Mistral (Voxtral) — Not great.

Gemini — I tried letting it do STT and post-processing in one shot. It normalized so aggressively that it hallucinated content I never said. A wild horse.

The difficulty of LLM post-processing

To compensate for what STT alone can't fix, I also evaluated LLM-based post-processing (filler removal, dictionary substitution, formatting). I ran 20 benchmark patterns across 6 models, and each one clearly had its own personality.

OpenAI family: Conservative and careful. Applies the dictionary, but leaves unknown words alone. Zero hallucinations.
Gemini family: Aggressive and bold. Best-in-class for dictionary application, but rewrites words it thinks it knows into something "more correct." Say "Gemini 3 Flash" and it becomes "Gemini 1.5 Flash." The more familiar the word, the more dangerous the hallucination.
Claude family: Humble and safe. Doesn't break anything, but lacks confidence when applying the dictionary.

My conclusion: post-processing shouldn't really be necessary, and it'll fade as the STT models themselves get better.

Meeting ElevenLabs Scribe V2

And then I found ElevenLabs Scribe V2.

I'd never heard of the company before, but this model was a shock. Vietnamese, Japanese, English — accuracy was high across the board. In Japanese specifically, subjectively, I felt it had pulled ahead of OpenAI's models.

It also has a clean parameter for dictionary biasing — developer-friendly by design. Output quality is good enough that I don't need any post-processing at all. Today, koedesk uses Scribe V2 as its default model.

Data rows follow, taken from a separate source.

-- ===== src/Cache/SysMem.antt =====
-- pkg/cache/sysmem.go: the default ceiling of a budget. The runtime's memory limit and what the
-- operating system reports are arguments: other packages and files answer them.
use jaydb.Base.{ℕ, ◌/◌, ◌<◌, ◌≡◌, false, ◌&&◌, if◌then◌else◌, ltb, leb, arith, ℤ, pos, pos_part}
use jaydb.Cache.Budget.{is_unbounded}

-- `math.MaxInt64`
abbrev pub max_int64 : ℕ
max_int64 = 9223372036854775807

-- `512 << 20`, where nothing is known of the memory
abbrev pub fallback_memory : ℕ
fallback_memory = 536870912

unfoldable pub detect_available_memory : ℤ → ℤ → ℕ
detect_available_memory memory_limit os_memory =
    if ltb 0 (pos_part memory_limit) && ltb (pos_part memory_limit) max_int64
    then pos_part memory_limit
    else if ltb 0 (pos_part os_memory)
    then pos_part os_memory
    else fallback_memory

-- 256 MiB where no memory is reported, else half of it.
unfoldable pub default_budget_limit : ℕ → ℕ
default_budget_limit mem = if leb mem 0 then 268435456 else mem / 2

-- The memory detected is never zero.
detect_available_memory-positive :
    (memory_limit os_memory : ℤ) → 0 < detect_available_memory memory_limit os_memory
unfolding detect_available_memory
detect_available_memory-positive memory_limit os_memory = ground arith

-- The default ceiling is one: a budget with it is not unbounded, unless the memory is one byte.
default_budget_limit-bounded :
    (memory_limit os_memory : ℤ)
    → 1 < detect_available_memory memory_limit os_memory
    → is_unbounded (pos (default_budget_limit (detect_available_memory memory_limit os_memory)))
      ≡ false
unfolding default_budget_limit
default_budget_limit-bounded memory_limit os_memory h = ground arith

No post-processing, and quality that beats other apps — at least in Japanese, I'm willing to say that with confidence.

My current development setup

After all this, the AI tools I actually use day to day are surprisingly few. Claude Code and koedesk. That's the lineup.

To put it another way, if Claude Code went down I couldn't even open a pull request on my own. That's how dependent I am.

How this very article was written

This article itself is a demonstration of voice input.

Dictate into koedesk to transcribe
Have Claude Code clean up the prose
Claude Code drives the Git repo and pushes
Zenn Connect (GitHub integration) auto-publishes

I barely touched the keyboard.

Why not try voice input?

If you already know AquaVoice you might be thinking, "Ah, that experience." But many people have never actually tried voice input.

I especially want Japanese-language users to feel the Japanese quality of ElevenLabs Scribe V2, the default model in koedesk. koedesk has a free plan with 5 minutes per day, no expiration, and no credit card required. If you like it, the Pro plan at $10/month gives you unlimited transcription.

I'd be happy if this article gives someone their first taste of voice input as a new kind of input interface.

To loop back to the opening: a small secret ambition of mine — I'd like to make koedesk the Happy Hacking Keyboard of voice input. …I'm kidding, sorry. But, well, half-kidding.